I have a change request with regards to error handling in the parse function. The parsing error should be reported instead of panicking or silently ignoring the malformed date.
Yes, the panic was an oversight. Ignoring the ParseErrorKind::TooShort has been deliberate however, since chrono's RFC3339 parser expects a full datetime, including offset. I've documented this in an additional commit.
If at all possible, whitespace should not be accepted within the dates' numbers. However, if this is not possible with
chronowithout preprocessing, we could keep the current behavior. Alternatively,unscannycould be used for a small custom RFC3339 parser instead ofchrono. I wanted to get rid of the regexes in favor of unscanny parsers anyways.
There's no need to fix chrono's parser. The problem is in hayagriva and can be fixed rather simply.
However, I've noticed that by ignoring ParseErrorKind::TooShort, we also accept dates like 1994-. If we want to fix this, we would probably have to implement a custom RFC3339 parser anyways. This could also be an opportunity to improve the error handling, since chrono's errors are admittedly not good.
Should we go down that road?
I am okay with the roundtrip conversion from "Z" to "+00:00". Is there a semantic difference between the Zulu timezone and "+00:00"? At any rate, they specify the same time zone right now and I think that's unlikely to change unless the IETF wants to break the world.
No, there's no semantic difference. It's purely syntactical.
Aren't YAML date hashes a bit niche? At any rate, I think they are not within the scope of this PR.
Breaking changes are fine at this stage. I do not think that
Dateneeds a#[non_exhaustive]. Changes to the struct will likely change the semantics of all of its fields and also change what users can express and thus choose to, so the notification to library consumers that something is up is warranted.
I think we could improve type safety by using an enum instead of options. That way, encoding "impossible" configurations like year + day, but no month would become impossible. The existing members could then be accessors on the enum. Does that sound good?
Hi @reknih, just a quick follow-up. Have you had some time to review the fixes and think about the questions?
Hey @m-haug, @reknih is currently on vacation, so you'll probably have to wait some more.
On a side note, I'm curious about the enum thing.

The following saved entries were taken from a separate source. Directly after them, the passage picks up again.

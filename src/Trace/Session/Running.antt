-- ===== src/Trace/Session/Running.antt =====
-- src/trace.rs: any sequence of runtime changes keeps the session and the registry in sync.
use ferrisetw.Base.{ℕ, ◌≡◌, inl, inr, false, List, [], ◌∷◌, Bool-cases}
use ferrisetw.Native.Evntrace.{enable_provider, disable_provider}
use ferrisetw.Native.Evntrace.Quiet.{enable_provider-IsQuiet, disable_provider-IsQuiet}
use ferrisetw.Native.Windows.{TraceError, Result, ok, err, World, M, continue, Windows}
use ferrisetw.Provider.Builder.{Provider}
use ferrisetw.Provider.EventFilter.{Platform}
use ferrisetw.Trace.Registry.{is_registered, contains, add}
use ferrisetw.Trace.Session.{Trace}
use ferrisetw.Trace.Session.Start.{
  capture_one, capture_all, enable, disable, request_capture_state, UserOperation, enable_operation,
  disable_operation, capture_operation, apply_operations,
}
use ferrisetw.Trace.Session.Sync.{
  guid_at, enabled, IsInSync, IsConsistent, enabled_case, disabled_case, enable_provider-Switched,
  disable_provider-Switched, capture_one-IsConsistent,
}

-- `Arc::new` returns an address that was not used before.
abbrev pub AreNew : List UserOperation → List ℕ → Type 0
AreNew [] used = Unit {0}
AreNew (enable_operation p ∷ os) used = (contains p used ≡ false) × AreNew os (p ∷ used)
AreNew (disable_operation guid ∷ os) used = AreNew os used
AreNew (capture_operation ∷ os) used = AreNew os used

module _ (windows : Windows) where
  module _ (platform : Platform) (provider_at : ℕ → Provider) (t : Trace) where
    abbrev Holds : List ℕ → World → Type 0
    Holds used w = IsConsistent windows platform provider_at t.control_handle used w

    enable-IsConsistent :
        (used : List ℕ) (p : ℕ) (w : World)
        → Holds used w
        → contains p used ≡ false
        → Holds (p ∷ used) (enable windows platform provider_at t p w).1
    unfolding enable
    enable-IsConsistent used p w k fresh =
        let added = record w {
          registry = add (guid_at windows platform provider_at t.control_handle) p w.registry;
        } in
        let m = enable_provider windows platform t.control_handle (provider_at p) added in
        enabled_case windows platform provider_at t.control_handle used p w m.1 m.0 k fresh
          ((enable_provider-IsQuiet windows platform t.control_handle (provider_at p)).same
            added).1.1.1
          (enable_provider-Switched windows platform provider_at t.control_handle (provider_at p)
            added)

    disable-IsConsistent :
        (used : List ℕ) (guid : ℕ) (w : World)
        → Holds used w
        → Holds used (disable windows platform provider_at t guid w).1
    unfolding disable
    disable-IsConsistent used guid w k = elim (Bool-cases (is_registered guid w.registry)) [
      | inr e ↦ rw e k
      | inl e ↦
          let m = disable_provider windows platform t.control_handle guid w in
          rw e (
            disabled_case windows platform provider_at t.control_handle used guid w m.1 m.0 k e
              ((disable_provider-IsQuiet windows platform t.control_handle guid).same w).1.1.1
              (disable_provider-Switched windows platform provider_at t.control_handle guid w))
    ]

    continue-Holds :
        (used : List ℕ) (r : Result TraceError (Unit {0})) (rest : M TraceError (Unit {0}))
        (v : World)
        → Holds used v
        → ((u : World) → Holds used u → Holds used (rest u).1)
        → Holds used (continue r (λ _. rest) v).1
    continue-Holds used (ok done) rest v k h = h v k
    continue-Holds used (err e) rest v k h = k

    capture_all-IsConsistent :
        (used ps : List ℕ) (w : World)
        → Holds used w
        → Holds used (capture_all windows platform provider_at t.control_handle ps w).1
    capture_all-IsConsistent used [] w k = k
    capture_all-IsConsistent used (p ∷ ps) w k =
        let m = capture_one windows platform provider_at t.control_handle p in
        continue-Holds used (m w).0 (capture_all windows platform provider_at t.control_handle ps)
          (m w).1
          (capture_one-IsConsistent windows platform provider_at t.control_handle used p w k)
          (capture_all-IsConsistent used ps)

    apply_operations-IsConsistent :
        (os : List UserOperation) (used : List ℕ) (w : World)
        → AreNew os used
        → Holds used w
        → IsInSync windows platform provider_at t.control_handle
            (apply_operations windows platform provider_at t os w)
    unfolding apply_operations request_capture_state
    apply_operations-IsConsistent [] used w new k = k.in_sync
    apply_operations-IsConsistent (enable_operation p ∷ os) used w (fresh, new) k =
        apply_operations-IsConsistent os (p ∷ used) (enable windows platform provider_at t p w).1
          new (enable-IsConsistent used p w k fresh)
    apply_operations-IsConsistent (disable_operation guid ∷ os) used w new k =
        apply_operations-IsConsistent os used (disable windows platform provider_at t guid w).1 new
          (disable-IsConsistent used guid w k)
    apply_operations-IsConsistent (capture_operation ∷ os) used w new k =
        apply_operations-IsConsistent os used
          (request_capture_state windows platform provider_at t w).1 new
          (capture_all-IsConsistent used w.registry.providers w k)

    -- After any sequence of providers enabled and disabled on a running user trace, whatever each call
    -- of Windows answers, the registry has a provider of a GUID exactly if the latest successful call
    -- for the GUID on this session enables it: no provider is left enabled that events are not
    -- dispatched to, and none is registered that is not enabled. Each provider that is enabled has a
    -- new address, and before the sequence the session and the registry agree and the registry is
    -- consistent.
    pub apply_operations-IsInSync :
        (os : List UserOperation) (used : List ℕ) (w : World)
        → AreNew os used
        → IsConsistent windows platform provider_at t.control_handle used w
        → (guid : ℕ)
        → is_registered guid (apply_operations windows platform provider_at t os w).registry
          ≡ enabled windows t.control_handle guid
              (apply_operations windows platform provider_at t os w).calls
    unfolding IsInSync
    apply_operations-IsInSync os used w new k = apply_operations-IsConsistent os used w new k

I see that it would prevent impossible configurations, but wouldn't there be lots of boilerplate and overlapping variants?

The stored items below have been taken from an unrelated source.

-- ===== src/Trace/Session/Synced.antt =====
-- src/trace.rs: a user trace that has started stays in sync with its registry.
use ferrisetw.Base.{
  ℕ, ◌≡◌, refl, sym, ap, subst, ◌∙◌, inl, inr, true, false, ◌||◌, none, some, List, [], ◌∷◌, ◌==◌,
  if◌then◌else◌, Bool-cases,
}
use ferrisetw.Native.EtwTypes.{EventTraceProperties}
use ferrisetw.Native.Evntrace.{start_trace}
use ferrisetw.Native.Windows.{
  EvntraceNativeError, TraceError, Result, ok, err, World, continue, ◌>>=◌, wrap_error, native,
  Windows,
}
use ferrisetw.Provider.Builder.{Provider}
use ferrisetw.Provider.EventFilter.{Platform}
use ferrisetw.Trace.Registry.{is_registered, contains, unless_empty}
use ferrisetw.Trace.Registry.Index.{IsIndexed, select}
use ferrisetw.Trace.Session.{TraceKind, TraceBuilder, Trace, built_properties}
use ferrisetw.Trace.Session.Begun.{
  has_guid, NoneOn, start_trace-NoneOn, EnabledAll, build_started-EnabledAll,
}
use ferrisetw.Trace.Session.Leaves.{
  AfterStart, Started, Kept, start_trace-Started, stop_existing, stop_existing-Kept, start-Leaves,
}
use ferrisetw.Trace.Session.Running.{AreNew, apply_operations-IsInSync}
use ferrisetw.Trace.Session.Start.{guid_of, build_started, start, UserOperation, apply_operations}
use ferrisetw.Trace.Session.Sync.{enabled, IsInSync, IsConsistent}

module _ (windows : Windows) (platform : Platform) (provider_at : ℕ → Provider) where
  past_start :
      (b : TraceBuilder) (w v : World) (ps : List ℕ)
      (r : Result EvntraceNativeError (EventTraceProperties × ℕ))
      → b.kind ≡ TraceKind.user
      → w.registry.providers ≡ ps
      → Started windows platform provider_at w (r, v)
      → NoneOn windows platform provider_at (r, v)
      → EnabledAll windows platform provider_at ps
          (continue (wrap_error r) (build_started windows platform provider_at b) v)
  past_start b w v ps (ok (properties, h)) user e s fresh_session =
      subst
        (λ qs.
          EnabledAll windows platform provider_at qs
            (build_started windows platform provider_at b (properties, h) v))
        (ap (λ r. r.providers) s.1.1.1.1 ∙ e)
        (build_started-EnabledAll windows platform provider_at properties h b v user fresh_session)
  past_start b w v ps (err failure) user e s fresh_session = tt

  past_name :
      (b : TraceBuilder) (w v : World) (r : Result TraceError (Unit {0}))
      → b.kind ≡ TraceKind.user
      → Kept windows platform provider_at w v
      → EnabledAll windows platform provider_at w.registry.providers (
          continue r
            (λ _.
              (λ u.
                native
                  (start_trace windows platform
                    (built_properties windows platform provider_at b u.registry.providers))
                  u)
              >>= build_started windows platform provider_at b)
            v)
  past_name b w v (ok done) user q =
      let properties = built_properties windows platform provider_at b v.registry.providers in
      let m = start_trace windows platform properties v in
      past_start b v m.1 w.registry.providers m.0 user (ap (λ r. r.providers) q.1.1)
        (start_trace-Started windows platform provider_at properties v)
        (start_trace-NoneOn windows platform provider_at properties v)
  past_name b w v (err failure) user q = tt

  start-EnabledAll :
      (b : TraceBuilder) (w : World)
      → b.kind ≡ TraceKind.user
      → EnabledAll windows platform provider_at w.registry.providers
          (start windows platform provider_at b w)
  unfolding start
  start-EnabledAll b w user =
      let m = stop_existing windows platform provider_at b in
      past_name b w (m w).1 (m w).0 user (stop_existing-Kept windows platform provider_at b w)

  abbrev pub guids : ℕ → ℕ
  guids = guid_of windows platform provider_at

  after_first :
      (g q : ℕ) (qs : List ℕ)
      → (elim (unless_empty (if guids q == g then q ∷ qs else qs)) [ none ↦ false | some e ↦ true ])
        ≡ ((guids q == g) || (elim (unless_empty qs) [ none ↦ false | some e ↦ true ]))
  after_first g q qs = elim (Bool-cases (guids q == g)) [ inl e ↦ rw e | inr e ↦ rw e ]

  selected :
      (g : ℕ) (ps : List ℕ)
      → (elim (unless_empty (select guids g ps)) [ none ↦ false | some e ↦ true ])
        ≡ has_guid windows platform provider_at g ps
  selected g [] = refl
  selected g (p ∷ ps) =
      after_first g p (select guids g ps) ∙ ap (λ b. (guids p == g) || b) (selected g ps)

  started-IsConsistent :
      (b : TraceBuilder) (w v : World) (t : Trace)
      → b.kind ≡ TraceKind.user
      → w.contexts w.next_context_id ≡ none
      → IsIndexed guids w.registry
      → start windows platform provider_at b w ≡ (ok t, v)
      → IsConsistent windows platform provider_at t.control_handle w.registry.providers v
  unfolding IsInSync IsIndexed
  started-IsConsistent b w v t user fresh indexed e =
      let (left, (spared, leaves)) =
        subst (AfterStart windows platform provider_at b w) e
          (start-Leaves windows platform provider_at b w fresh) in
      let same : v.registry ≡ w.registry = leaves.1.1.1.1.1.1 in
      let on : EnabledAll windows platform provider_at w.registry.providers (ok t, v) =
        subst (EnabledAll windows platform provider_at w.registry.providers) e
          (start-EnabledAll b w user) in
      record {
        indexed = subst (IsIndexed guids) (sym same) indexed;
        allocated = λ q f. ap (λ r. contains q r.providers) same ∙ f;
        in_sync = λ g.
            ap (is_registered g) same
            ∙ ap (λ o. elim o [ none ↦ false | some entries ↦ true ]) (indexed g)
            ∙ selected g w.registry.providers
            ∙ sym (on g);
      }

  -- After the start of a user trace and any sequence of providers enabled and disabled on it, whatever
  -- each call of Windows answers, the registry has a provider of a GUID exactly if the latest
  -- successful call for the GUID on this session enables it: no provider is left enabled that events
  -- are not dispatched to, and none is registered that is not enabled. The index of the registry fits
  -- its providers before the start, each provider that is enabled has a new address, and the next
  -- context id is unused.
  pub started_operations-IsInSync :
      (b : TraceBuilder) (w v : World) (t : Trace)
      → b.kind ≡ TraceKind.user
      → w.contexts w.next_context_id ≡ none
      → IsIndexed guids w.registry
      → start windows platform provider_at b w ≡ (ok t, v)
      → (os : List UserOperation) → AreNew os w.registry.providers
      → (guid : ℕ)
      → is_registered guid (apply_operations windows platform provider_at t os v).registry
        ≡ enabled windows t.control_handle guid
            (apply_operations windows platform provider_at t os v).calls
  started_operations-IsInSync b w v t user fresh indexed e os new guid =
      apply_operations-IsInSync windows platform provider_at t os w.registry.providers v new
        (started-IsConsistent b w v t user fresh indexed e) guid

Thanks for the heads-up and the feedback!
Yes, there would probably be some duplication in the enum itself, since "larger" variants, like a full datetime, have to contain the same information as "smaller" variants, like a date or a year only. This also depends on some other decisions surrounding the design of the parser. For example, should a time always contain a minute, or is an hour specification sufficient?

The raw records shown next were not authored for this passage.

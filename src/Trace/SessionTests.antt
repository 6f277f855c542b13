-- ===== src/Trace/SessionTests.antt =====
-- The theorems about sessions at a concrete trace with one provider.
use ferrisetw.Base.{
  ℕ, ◌≡◌, refl, true, false, none, some, List, [], ◌∷◌, ◌==◌, if◌then◌else◌, length, arith,
}
use ferrisetw.Native.EtwTypes.{qpc, trace_profile_source_list_info}
use ferrisetw.Native.Evntrace.{
  new_context, control_trace_by_name, start_trace, open_trace, control_trace, enable_provider,
  build_event_filter_descriptors, build_filters,
}
use ferrisetw.Native.Evntrace.Info.{query_array_info, query_rounds}
use ferrisetw.Native.Evntrace.Info.Rounds.{Answered, query_array_info-Answered}
use ferrisetw.Native.Evntrace.Quiet.{running}
use ferrisetw.Native.Evntrace.Contexts
use ferrisetw.Native.Evntrace.Contexts.{
  Store, LogFile, ContextOperation, open_operation, close_operation, drop_operation, retires,
  trace_callback_thunk, buffer_callback_thunk, thunks_dispatch,
}
use ferrisetw.Trace.Callbacks
use ferrisetw.Native.Windows.{
  Call, by_handle, start_trace_w, control_trace_w, open_trace_w, close_trace_w, process_trace,
  enable_trace_ex2, trace_query_information, trace_set_information, ok, err, etw_native_error,
  io_error, World, Windows, real_time_session, from_file,
}
use ferrisetw.Provider.Builder.{Provider}
use ferrisetw.Provider.EventFilter.{Platform}
use ferrisetw.Trace.Registry.{empty, is_registered, add}
use ferrisetw.Trace.Registry.Index.{empty-IsIndexed, add-IsIndexed}
use ferrisetw.Trace.Session.{
  TraceKind, TraceBuilder, Trace, drop_trace, drop_guard, built_properties, stop_trace_by_name,
}
use ferrisetw.Trace.Session.Leaves.{AfterStart, AfterDrop, start-Leaves, drop_trace-Restored}
use ferrisetw.Trace.Session.Synced.{started_operations-IsInSync}
use ferrisetw.Trace.Session.Start.{
  start, configure, build_started, UserOperation, enable_operation, disable_operation,
  capture_operation, apply_operations,
}
use ferrisetw.Trace.Session.Sync.{enabled}

abbrev platform : Platform
platform = record {
  max_event_filter_data_size = 1024;
  max_event_filter_event_id_count = 64;
  max_event_filter_event_name_size = 4096;
  max_event_filter_pid_count = 8;
  event_id_size = 6;
  event_name_header_size = 20;
  alloc = λ size. true;
}

-- Enabling the provider 9 is refused with 87, and everything else succeeds.
abbrev answer : List Call → ℕ
answer [] = 0
answer (enable_trace_ex2 h guid code level any all parameters ∷ calls) = if guid == 9 then 87 else 0
answer (start_trace_w properties ∷ calls) = 0
answer (control_trace_w target properties code ∷ calls) = 0
answer (open_trace_w context source ∷ calls) = 0
answer (close_trace_w h ∷ calls) = 0
answer (process_trace h ∷ calls) = 0
answer (trace_query_information h class size ∷ calls) = 0
answer (trace_set_information h class buf ∷ calls) = 0

abbrev windows : Windows
windows = record {
  status = answer;
  control_handle = λ calls. 5;
  trace_handle = λ calls. 7;
  last_os_error = λ calls. 6;
  needed = λ calls. 32;
  written = λ calls. [];
  is_win8_or_greater = true;
  error_success = 0;
  error_already_exists = 183;
  error_cancelled = 1223;
  error_ctx_close_pending = 7007;
  error_insufficient_buffer = 122;
  error_wmi_instance_not_found = 4201;
  event_enable_property_stack_trace = 4;
  event_trace_real_time_mode = 0x100;
  event_trace_no_per_processor_buffering = 0x10000000;
}

-- The provider at an address has that address as its GUID.
abbrev provider_at : ℕ → Provider
provider_at p = record {
  guid = p;
  any = 0;
  all = 0;
  level = 5;
  trace_flags = 0;
  kernel_flags = 0;
  capture_state = false;
  filters = [];
  callbacks = [];
}

abbrev builder : TraceBuilder
builder = record {
  kind = TraceKind.user;
  name = 97 ∷ 98 ∷ [];
  etl_dump_file = none;
  properties = record {
    buffer_size = 32;
    min_buffer = 0;
    max_buffer = 0;
    flush_timer = 1000;
    log_file_mode = 0;
    clock_type = qpc;
  };
  stop_if_exist = true;
  stack_tracing_events = [];
  extended_kernel_groups = [];
  callback_data = 4096;
  stop_guid = 2;
  trace_guid = 1;
}

abbrev with_provider : ℕ → World
with_provider p = record {
  calls = [];
  contexts = λ k. none;
  next_context_id = 1;
  registry = add (λ q. q) p empty;
}

abbrev trace : Trace
trace = record {
  properties = built_properties windows platform provider_at builder (3 ∷ []);
  control_handle = 5;
  trace_handle = 7;
  context = 1;
}

abbrev started : World
started = (start windows platform provider_at builder (with_provider 3)).1

starts : start windows platform provider_at builder (with_provider 3) ≡ (ok trace, started)
unfolding start stop_trace_by_name control_trace_by_name start_trace build_started configure
    enable_provider build_event_filter_descriptors build_filters open_trace new_context add
starts = refl

-- The start fails where the provider is enabled, after the session was started.
fails :
    (start windows platform provider_at builder (with_provider 9)).0
    ≡ err (etw_native_error (io_error 87))
unfolding start stop_trace_by_name control_trace_by_name start_trace build_started configure
    drop_guard control_trace enable_provider build_event_filter_descriptors build_filters open_trace
    new_context add
fails = refl

start-Leaves_example :
    AfterStart windows platform provider_at builder
      (with_provider 9)
      (start windows platform provider_at builder (with_provider 9))
start-Leaves_example = start-Leaves windows platform provider_at builder (with_provider 9) refl

drop_trace-Restored_example :
    AfterDrop windows platform provider_at builder
      (with_provider 3)
      5
      (drop_trace windows platform provider_at trace started)
drop_trace-Restored_example =
    drop_trace-Restored windows platform provider_at builder (with_provider 3) started trace refl
      starts

-- A STOP by handle is refused: the session of a failed start still runs.
abbrev refused : List Call → ℕ
refused (control_trace_w (by_handle h) properties code ∷ calls) = 5
refused calls = answer calls

abbrev refusing : Windows
refusing = record windows { status = refused }

left_running :
    running refusing (start refusing platform provider_at builder (with_provider 9)).1.calls
    ≡ 5 ∷ []
unfolding start stop_trace_by_name control_trace_by_name start_trace build_started configure
    drop_guard control_trace enable_provider build_event_filter_descriptors build_filters open_trace
    new_context add
left_running = refl

abbrev operations : List UserOperation
operations =
    enable_operation 4
    ∷ enable_operation 9
    ∷ capture_operation
    ∷ disable_operation 3
    ∷ enable_operation 5
    ∷ []

started_operations-IsInSync_example :
    is_registered 4
      (apply_operations windows platform provider_at trace operations started).registry
    ≡ enabled windows 5 4
        (apply_operations windows platform provider_at trace operations started).calls
unfolding add
started_operations-IsInSync_example =
    started_operations-IsInSync windows platform provider_at builder (with_provider 3) started trace
      refl refl (add-IsIndexed _ 3 empty (empty-IsIndexed _)) starts operations
      (refl, (refl, (refl, tt))) 4

-- The context 1 leads to the address 4096. Its trace is closed while others are opened.
abbrev one_context : World
one_context = record {
  calls = [];
  contexts = λ k. if k == 1 then some 4096 else none;
  next_context_id = 2;
  registry = empty;
}

abbrev context_operations : List ContextOperation
context_operations =
    open_operation (real_time_session (97 ∷ [])) 4096
    ∷ close_operation 7 1
    ∷ drop_operation 2
    ∷ open_operation (from_file (98 ∷ [])) 4096
    ∷ []

retired : retires 1 context_operations ≡ true
retired = refl

abbrev late_buffer : LogFile
late_buffer = record { context = 1; buffers_read = 3; events_lost = 0 }

abbrev no_counts : Store
no_counts = λ a. Callbacks.start

thunks_dispatch_example :
    (trace_callback_thunk
        (some 1)
        (Contexts.apply_all windows platform context_operations one_context)
        no_counts
      ≡ no_counts)
    × (buffer_callback_thunk
          (some late_buffer)
          (Contexts.apply_all windows platform context_operations one_context)
          no_counts
        ≡ no_counts)
thunks_dispatch_example =
    thunks_dispatch windows platform context_operations 1 one_context (omega arith) (omega arith)
      no_counts 3 0

-- Windows asks for a larger buffer once, then fills it.
abbrev growing : Windows
growing = record windows {
  status = λ calls. if length calls == 1 then 122 else 0;
  needed = λ calls. if length calls == 1 then 6 else 4;
  written = λ calls. 1 ∷ 2 ∷ 3 ∷ 4 ∷ 5 ∷ 6 ∷ [];
}

abbrev grown : World
grown = record one_context {
  calls =
      trace_query_information 0 trace_profile_source_list_info 6
      ∷ trace_query_information 0 trace_profile_source_list_info 2
      ∷ [];
}

query_array_info-Answered_example :
    Answered growing platform 4 one_context
      (query_array_info growing platform trace_profile_source_list_info 2 one_context)
query_array_info-Answered_example =
    query_array_info-Answered growing platform trace_profile_source_list_info 2 one_context

grown_answer :
    query_array_info growing platform trace_profile_source_list_info 2 one_context
    ≡ (ok (1 ∷ 2 ∷ 3 ∷ 4 ∷ []), grown)
unfolding query_array_info query_rounds
grown_answer = refl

However, I don't think there would necessarily be lots of boilerplate when using the enum design, especially on the consumer side. By providing accessors (month / get_month), the existing interface could mostly be preserved (apart from requiring a method call). Internally, some boilerplate would probably be necessary to provide the accessors, but thanks to pattern matching with or-patterns that should also be limited.
It should also be possible to provide mutations capabilities in the enum design, albeit with more effort. Of the top of my head, I can see
- precision-preserving operations, like
set_month, - narrowing operations, like
round_to_monthortruncate_to_month, - and widening operations, like
append_month.
The naming is obviously open to bike-shedding. The first and the third category may have some overlap, depending on the chosen semantics. For example, set_day on a date containing only year and month could automatically widen the date once.
If you have further feedback, or see anything that I may not have considered yet, I'd be thrilled to hear about it.
The enum + methods design sounds good, in principle. One other consideration is whether it's a public enum or a private enum within a struct. That way we could also enforce that the individual fields are within bounds. It might also make sense to have a Date and a Time struct/enum which could be composed in a Datetime struct with Date and Option<Time> fields.
Is there still interesting in completing this?
Closed because of inactivity. #30 will remain open to track this.